§ Exercise brief
Each line below from the one containing "(Option-cases (split_at c" through the one containing "(rw e refl)" should be output exactly as it stands, and no other line should appear.

(Saved data entries)
--- START ---
-- ===== src/Settings/Once.antt =====
-- The loop of `config_read` in src/cfg.c goes round once more than the file has lines, when the file ends in a
-- newline: `fgets` then leaves the last line in the buffer. No option is set twice by that.
use agentsmith.Base.{
  ℕ, zero, suc, ◌≤◌, ◌<◌, true, false, List, [], ◌∷◌, ◌++◌, Option, none, some, ◌==◌, ltb, ◌≡◌,
  refl, sym, ap, ◌∙◌, ◌⊎◌, inl, inr, arith, if◌then◌else◌, Bool-cases, Option-cases, length,
  length-append,
}
use agentsmith.Base.Outcome.{Outcome, ret, undefined, ◌>>=◌, bind_same}
use agentsmith.Base.Cstring.{Bytes}
use agentsmith.Watch.{buffsize}
use agentsmith.Exclude.Address.{split_at}
use agentsmith.Exclude.File.{fgets}
use agentsmith.Exclude.Reading.{EndsAtNewline, joined_lines, fgets-Cut, fgets-nonempty}
use agentsmith.Settings.{Settings}
use agentsmith.Settings.Addresses.{Names}
use agentsmith.Settings.File.{
  is_comment, option_in, option_of, left_over, do_option, refilled, hits_eof, config_lines,
}

-- A text before the first byte of a kind has no such byte.
split_at-before :
    (c : ℕ) (line : Bytes) {token rest : Bytes}
    → split_at c line ≡ some (token, rest)
    → split_at c token ≡ none
unfolding split_at
split_at-before c [] h = cc
split_at-before c (x ∷ xs) {token} {rest} h = elim (Bool-cases (x == c)) [
  | inl e ↦ first (rw e at h)
  | inr e ↦ elim (Option-cases (split_at c xs)) [
    | inl k ↦ cc (rw (e, k) at h)
    | inr ((before, behind), k) ↦ later e before behind (split_at-before c xs k) (rw (e, k) at h)
  ]
]
  where
    first :
        ◌≡◌ {A = Option (Bytes × Bytes)} (some ([], xs)) (some (token, rest))
        → split_at c token ≡ none
    first h = let same : [] ≡ token = cc in rw⁻¹ same refl

    later :
        (x == c) ≡ false
        → (before behind : Bytes) → split_at c before ≡ none
        → ◌≡◌ {A = Option (Bytes × Bytes)} (some (x ∷ before, behind)) (some (token, rest))
        → split_at c token ≡ none
    later e before behind none_before h =
        let same : (x ∷ before) ≡ token = cc in rw⁻¹ same (rw (e, none_before) refl)

-- The line that stays in the buffer has no option any more.
option_of-left_over : (line : Bytes) → option_of (left_over line) ≡ none
unfolding option_of left_over option_in
option_of-left_over line = elim (Bool-cases (ltb (length line) 2)) [
  | inl e ↦ rw e (rw e refl)
  | inr e ↦ elim (Bool-cases (is_comment line)) [
    | inl k ↦ rw (e, k) (rw (e, k) refl)
    | inr k ↦ elim (Option-cases (split_at b'=' line)) [
      | inl n ↦ rw (e, k, n) (rw (e, k, n) refl)
      | inr ((token, rest), n) ↦ rw (e, k, n) (unsplit token (split_at-before b'=' line n))
    ]
  ]
]
  where
    unsplit :
        (token : Bytes)
        → split_at b'=' token ≡ none
        → (if ltb (length token) 2
            then none
            else if is_comment token
            then none
            else option_in (split_at b'=' token))
          ≡ none
    unsplit token n = rw n (ground arith)

-- The lines of a file, each handled once.
abbrev pub set_each : Names → Settings → List Bytes → Outcome Settings
set_each n s [] = ret s
set_each n s (line ∷ lines) = do s' ← do_option n s (option_of line); set_each n s' lines

-- Every line has a byte at least, fits the buffer, and has its newline at the end.
abbrev pub AreConfigLines : List Bytes → Type 0
AreConfigLines [] = Unit
AreConfigLines (line ∷ lines) =
    (0 < length line) × (length line < buffsize) × EndsAtNewline line × AreConfigLines lines

-- What is in the buffer sets no option.
abbrev IsSpent : Option Bytes → Type 0
IsSpent none = ⊥
IsSpent (some b) = option_of b ≡ none

-- The lines of what is left of a file, whatever is in the buffer if that sets no option.
record Cuts (fuel : ℕ) (buff : Option Bytes) (file : Bytes) : Type 0 where
  lines : List Bytes
  joins : joined_lines lines ≡ file
  are_lines : AreConfigLines lines
  sets : (n : Names) (s : Settings) → config_lines fuel n buff file s ≡ set_each n s lines

spent_end : (fuel : ℕ) (b : Bytes) → option_of b ≡ none → Cuts (suc fuel) (some b) []
unfolding config_lines fgets hits_eof do_option
spent_end fuel b spent = record {
  lines = [];
  joins = refl;
  are_lines = tt;
  sets = λ n s. rw spent refl;
}

rest_shorter :
    (line rest file : Bytes) (fuel : ℕ)
    → line ++ rest ≡ file
    → 0 < length line
    → length file < suc fuel
    → length rest < fuel
rest_shorter line rest file fuel h k le = omega (arith, length-append line rest, ap length h)

below : (n : ℕ) → n ≤ 1023 → n < buffsize
below n h = omega arith

refilled_lem :
    (buff : Option Bytes) (line : Bytes) → 0 < length line → refilled buff line ≡ some line
refilled_lem buff [] h = absurd (omega arith)
refilled_lem buff (c ∷ cs) h = refl

eof_rest : (line rest : Bytes) → hits_eof line rest ≡ true → rest ≡ []
unfolding hits_eof
eof_rest line [] h = refl
eof_rest line (c ∷ rest) h = cc

cuts :
    (fuel : ℕ) (buff : Option Bytes) (file : Bytes)
    → (0 < length file) ⊎ IsSpent buff
    → length file < fuel
    → Cuts fuel buff file
unfolding config_lines
cuts zero buff file h le = absurd (omega arith)
cuts (suc fuel) none [] (inl h) le = absurd (omega arith)
cuts (suc fuel) none [] (inr h) le = absurd h
cuts (suc fuel) (some b) [] (inl h) le = absurd (omega arith)
cuts (suc fuel) (some b) [] (inr h) le = spent_end fuel b h
cuts (suc fuel) buff (c ∷ file) h le =
    let k = fgets-Cut 1023 (c ∷ file) in
    let line = (fgets 1023 (c ∷ file)).0 in
    let rest = (fgets 1023 (c ∷ file)).1 in
    let some_byte = fgets-nonempty 1022 c file in
    let shorter = rest_shorter line rest (c ∷ file) fuel k.joins some_byte le in
    let spent = option_of-left_over line in
    let next = cuts fuel (some (left_over line)) rest (inr spent) shorter in
    elim (Bool-cases (hits_eof line rest)) [
      | inl e ↦ record {
        lines = line ∷ [];
        joins = ap (λ r. line ++ r) (sym (eof_rest line rest e)) ∙ k.joins;
        are_lines = (some_byte, below _ k.fits, k.line, tt);
        sets = λ n s. rw (refilled_lem buff line some_byte, e, config_lines) refl;
      }
      | inr e ↦ record {
        lines = line ∷ next.lines;
        joins = ap (λ r. line ++ r) next.joins ∙ k.joins;
        are_lines = (some_byte, below _ k.fits, k.line, next.are_lines);
        sets = λ n s.
            rw (refilled_lem buff line some_byte, e, config_lines)
              (bind_same (do_option n s (option_of line)) _ _ (λ s'. next.sets n s'));
      }
    ]

pub config_lines_enough :
    (fuel : ℕ) (file : Bytes)
    → 0 < length file
    → length file < fuel
    → (lines : List Bytes) × (joined_lines lines ≡ file)
      × AreConfigLines lines
      × ((n : Names) (s : Settings) → config_lines fuel n none file s ≡ set_each n s lines)
config_lines_enough fuel file h le =
    let c = cuts fuel none file (inl h) le in (c.lines, c.joins, c.are_lines, c.sets)

-- An empty file makes the loop look at the buffer before anything has been read into it.
pub config_lines_empty :
    (fuel : ℕ) (n : Names) (s : Settings) → config_lines (suc fuel) n none [] s ≡ undefined
unfolding config_lines fgets
config_lines_empty fuel n s = refl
--- END ---
§ Task response
  | inr e ↦ elim (Option-cases (split_at c xs)) [
    | inl k ↦ cc (rw (e, k) at h)
    | inr ((before, behind), k) ↦ later e before behind (split_at-before c xs k) (rw (e, k) at h)
  ]
]
  where
    first :
        ◌≡◌ {A = Option (Bytes × Bytes)} (some ([], xs)) (some (token, rest))
        → split_at c token ≡ none
    first h = let same : [] ≡ token = cc in rw⁻¹ same refl

    later :
        (x == c) ≡ false
        → (before behind : Bytes) → split_at c before ≡ none
        → ◌≡◌ {A = Option (Bytes × Bytes)} (some (x ∷ before, behind)) (some (token, rest))
        → split_at c token ≡ none
    later e before behind none_before h =
        let same : (x ∷ before) ≡ token = cc in rw⁻¹ same (rw (e, none_before) refl)

-- The line that stays in the buffer has no option any more.
option_of-left_over : (line : Bytes) → option_of (left_over line) ≡ none
unfolding option_of left_over option_in
option_of-left_over line = elim (Bool-cases (ltb (length line) 2)) [
  | inl e ↦ rw e (rw e refl)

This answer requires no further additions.